Tuesday, May 10, 2011

'Ghost Trees' Transforms the City of Dreaming Spires


The lawn in front of the Oxford University Museum of Natural History stands out from the usual sights of Oxford’s stone academic landscape, though not just because the grass is open to the muddying tread of passers-by. The lawn is covered with the massive trunks of rainforest trees.


Oxford alumna Angela Palmer’s environmental art exhibition Ghost Forest, currently on display in front of the Oxford Museum of Natural History, consists of ten imposing tree trunks situated on irregularly oriented concrete platforms. Palmer calls the trunks ‘ambassadors’ for all rainforest trees facing the threat of deforestation. She deliberately selected trees from Ghana because of the country’s progressive laws towards the timber industry—only three of the tree trunks were felled by an axe; the others by natural means.

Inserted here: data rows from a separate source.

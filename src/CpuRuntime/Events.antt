-- ===== src/CpuRuntime/Events.antt =====
-- The events of `Runtime<kCpu>` in src/native/cpu/runtime_.h: a `time_point` on the heap for each.
-- The reading of the steady clock is an argument, in units of which `ticks` make a microsecond. An
-- operation on a pointer to no event, which is undefined behaviour, gives none.
use infini_rt.Base.{
  ℕ, suc, ◌-◌, ◌/◌, ◌≡◌, Bool, ltb, ◌==◌, ◌||◌, if◌then◌else◌, Option, none, some, arith, ◌>>=◌,
  false,
}
use infini_rt.CpuRuntime.{invalid_value, memory_allocation}

pub record Events : Type 0 where
  pub top : ℕ
  pub times : ℕ → Option ℕ

-- The out parameter is not null; `refused` says that `new (std::nothrow)` gave a null pointer.
unfoldable pub event_create : Bool → ℕ → Events → ℕ × ℕ × Events
event_create refused now s = if refused then (memory_allocation, 0, s) else (
  0,
  suc s.top,
  record s { top = suc s.top; times = λ e. if e == suc s.top then some now else s.times e },
)

abbrev pub event_create_with_flags : Bool → ℕ → ℕ → Events → ℕ × ℕ × Events
event_create_with_flags refused flags now s = event_create refused now s

abbrev pub record_at : ℕ → ℕ → Events → Option ℕ → Option (ℕ × Events)
record_at event now s none = none
record_at event now s (some before) =
    some (0, record s { times = λ e. if e == event then some now else s.times e })

unfoldable pub event_record : ℕ → ℕ → Events → Option (ℕ × Events)
event_record event now s =
    if event == 0 then some (invalid_value, s) else record_at event now s (s.times event)

abbrev pub event_query : ℕ → ℕ
event_query event = if event == 0 then invalid_value else 0

abbrev pub event_synchronize : ℕ → ℕ
event_synchronize event = if event == 0 then invalid_value else 0

abbrev pub stream_wait_event : ℕ → ℕ → ℕ → ℕ
stream_wait_event stream event flags = 0

abbrev pub delete_at : ℕ → Events → Option ℕ → Option (ℕ × Events)
delete_at event s none = none
delete_at event s (some before) =
    some (0, record s { times = λ e. if e == event then none else s.times e })

-- `delete` of a null pointer does nothing.
unfoldable pub event_destroy : ℕ → Events → Option (ℕ × Events)
event_destroy event s = if event == 0 then some (0, s) else delete_at event s (s.times event)

-- A duration in microseconds, towards zero as `duration_cast` rounds, and its sign. The milliseconds
-- of `*ms` are this number as a float, divided by 1000.
pub record Span : Type 0 where
  pub backwards : Bool
  pub microseconds : ℕ

abbrev pub span : ℕ → ℕ → ℕ → Span
span ticks start end =
    if ltb end start
    then record { backwards = Bool.true; microseconds = (start - end) / ticks }
    else record { backwards = Bool.false; microseconds = (end - start) / ticks }

abbrev pub elapsed_at : ℕ → Option ℕ → Option ℕ → Option (ℕ × Option Span)
elapsed_at ticks none end = none
elapsed_at ticks (some start) none = none
elapsed_at ticks (some start) (some end) = some (0, some (span ticks start end))

-- Status, and what is written to `*ms`, which is not null.
unfoldable pub event_elapsed_time : ℕ → ℕ → ℕ → Events → Option (ℕ × Option Span)
event_elapsed_time ticks start end s =
    if (start == 0) || (end == 0)
    then some (invalid_value, none)
    else elapsed_at ticks (s.times start) (s.times end)

next-ne : (n : ℕ) → ((suc n == suc (suc n)) ≡ false) × ((suc n == 0) ≡ false)
next-ne n = ground arith

-- Two events that are created and then recorded, each at its time, measure the time between their
-- records: the times of their creation do not matter, and one does not overwrite the other.
pub event_record-event_elapsed_time :
    (ticks t0 t1 t2 t3 : ℕ) (s : Events)
    → let s1 = (event_create Bool.false t0 s).2 in
      let start = (event_create Bool.false t0 s).1 in
      let s2 = (event_create Bool.false t1 s1).2 in
      let end = (event_create Bool.false t1 s1).1 in
      (do
        (recorded, s3) ← event_record start t2 s2
        (recorded', s4) ← event_record end t3 s3
        event_elapsed_time ticks start end s4)
      ≡ some (0, some (span ticks t2 t3))
unfolding event_create event_record event_elapsed_time
event_record-event_elapsed_time ticks t0 t1 t2 t3 s = ground (arith, next-ne s.top)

In consequence, Ghost Trees offers a balanced message of dire warning and hope. True to their title as ‘ambassadors’, the trees have already had an impressive history of exposure through installations in London’s Trafalgar Square (November 2009) and Copenhagen (December 2009).


Now ten months into its twelve-month residency in Oxford, Ghost Trees seems to have grown roots in this community. On a sunny Monday afternoon tourists and local residents wander through the collection like a sculpture garden, taking photos or eating a late lunch in the shade of a six-foot tall root network. Despite the relaxed atmosphere, Palmer’s design reinforces that the exhibition is not a substitute for the community park. Polite signs remind visitors, and their children, that the tree trunks are not to be climbed on like jungle gyms. Informational plaques demand the respect for knowledge that one would more likely expect inside the Museum of Natural History than on its front lawn.

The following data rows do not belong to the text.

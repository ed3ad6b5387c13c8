-- ===== src/CpuRuntime/MemInfo.antt =====
-- `Runtime<kCpu>::MemGetInfo` of src/native/cpu/runtime_.h, as it is built on Linux. The lines are
-- the pairs that `std::fscanf` reads from /proc/meminfo, up to the first that does not match.
use Prim.Native.String.{String}
use text.Mathlib.Text.{◌==◌ as str_eq}
use text.Mathlib.TextEquality.{eq_iff}
use infini_rt.Base.{
  ℕ, ◌*◌, ◌%◌, ◌≡◌, refl, sym, ap, ◌∙◌, subst, Bool-cases, inl, inr, true, false, ◌==◌,
  if◌then◌else◌, List, [], ◌∷◌, Option, none, some, arith, u64_mod,
}
use infini_rt.CpuRuntime.{invalid_value}

-- `*free` and `*total`, which are not null.
pub record MemInfo : Type 0 where
  pub free : ℕ
  pub total : ℕ

abbrev pub no_info : MemInfo
no_info = record { free = 0; total = 0 }

abbrev pub scan_line : String → ℕ → MemInfo → MemInfo
scan_line label value m =
    if str_eq label "MemTotal:"
    then record m { total = value * 1024 % u64_mod }
    else if str_eq label "MemAvailable:"
    then record m { free = value * 1024 % u64_mod }
    else m

unfoldable pub scan : List (String × ℕ) → MemInfo → MemInfo
scan [] m = m
scan ((label, value) ∷ lines) m = scan lines (scan_line label value m)

abbrev pub scanned : MemInfo → ℕ × MemInfo
scanned m = (if m.total == 0 then invalid_value else 0, m)

-- `none` is a file that does not open.
unfoldable pub mem_get_info : Option (List (String × ℕ)) → ℕ × MemInfo
mem_get_info none = (invalid_value, no_info)
mem_get_info (some lines) = scanned (scan lines no_info)

-- The bytes of the last line with a label, or `otherwise` where there is none.
abbrev pub last_bytes : String → List (String × ℕ) → ℕ → ℕ
last_bytes name [] otherwise = otherwise
last_bytes name ((label, value) ∷ lines) otherwise =
    last_bytes name lines (if str_eq label name then value * 1024 % u64_mod else otherwise)

total-available :
    (label : String) → str_eq label "MemTotal:" ≡ true → str_eq label "MemAvailable:" ≡ false
total-available label h =
    subst (λ (l : String). str_eq l "MemAvailable:" ≡ false) (sym ((eq_iff label "MemTotal:").0 h))
      refl

scan_line_lem :
    (label : String) (value : ℕ) (m : MemInfo)
    → ((scan_line label value m).total
        ≡ (if str_eq label "MemTotal:" then value * 1024 % u64_mod else m.total))
      × ((scan_line label value m).free
          ≡ (if str_eq label "MemAvailable:" then value * 1024 % u64_mod else m.free))
scan_line_lem label value m = elim (Bool-cases (str_eq label "MemTotal:")) [
  | inl e ↦ rw (e, total-available label e) (refl, refl)
  | inr e ↦ elim (Bool-cases (str_eq label "MemAvailable:")) [
    | inl e' ↦ rw (e, e') (refl, refl)
    | inr e' ↦ rw (e, e') (refl, refl)
  ]
]

scan_lem :
    (lines : List (String × ℕ)) (m : MemInfo)
    → ((scan lines m).total ≡ last_bytes "MemTotal:" lines m.total)
      × ((scan lines m).free ≡ last_bytes "MemAvailable:" lines m.free)
unfolding scan
scan_lem [] m = (refl, refl)
scan_lem ((label, value) ∷ lines) m =
    let later = scan_lem lines (scan_line label value m) in
    let line = scan_line_lem label value m in
    (
      later.0 ∙ ap (last_bytes "MemTotal:" lines) line.0,
      later.1 ∙ ap (last_bytes "MemAvailable:" lines) line.1,
    )

-- The memory information is that of the last lines with the two labels, in bytes and with the
-- wrap-around of `size_t`. It fails where the file does not open or has no total above zero, and a
-- file without a line for the available memory gives success with zero free bytes.
pub mem_get_info_lem :
    (lines : List (String × ℕ))
    → ((mem_get_info (some lines)).1.total ≡ last_bytes "MemTotal:" lines 0)
      × ((mem_get_info (some lines)).1.free ≡ last_bytes "MemAvailable:" lines 0)
      × ((mem_get_info (some lines)).0
          ≡ (if last_bytes "MemTotal:" lines 0 == 0 then invalid_value else 0))
      × (mem_get_info none ≡ (invalid_value, no_info))
unfolding mem_get_info
mem_get_info_lem lines = ground (arith, scan_lem lines no_info)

Overall, Ghost Trees evokes an atmosphere that is more like a cemetery than either a park or a museum. While the baroque coils of roots suggest life and energy, the dry and weathered texture of the wood affirms that every one of these magnificent trees is dead. The large rectangular plinths that the trunks rest on are distinctly monumental. Their haphazard orientation elaborates the cemetery metaphor, suggesting how deforestation constitutes a massacre that is both quick and indiscriminate. Through this lens the plaques for each tree read like obituaries—sober yet ‘humanizing’. Palmer endeavours to personalize each tree by focusing on the etymological origin of the species name, when possible. She also includes narrative anecdotes about the trials of transportation for particular trees. These ‘obituaries’ always end with a list of common cultural uses for that particular wood. Poetic coincidence or no, the wood from a surprising number of these trees is frequently used to build coffins.


Palmer’s exhibition runs the risk of being too straightforward. The aesthetics are largely conventional; the methods—put something on a pedestal and call it art—familiar. Ultimately the trees are transported, not transformed. The crowning glory of Ghost Trees is not its concept, as it is easily uprooted from London to Copenhagen, but rather the fortune that has ended up here, in Oxford. The organic, sculptural curves of the roots and bark stand in elegant contrast to the intricately-hewn masonry of museums, colleges, and libraries. Liberated roots reach towards the sky like a superior order of Oxford’s dreaming spires. The architecture of nature asserts itself over the architecture of humankind.


Instead of feeling overwhelmingly morbid or artistically pretentious, Ghost Trees feels right at home in a city where cryptic churches and moss-covered graveyards are casually integrated parts of history. However, this particular cemetery is not emblem of the past but rather the present and the future.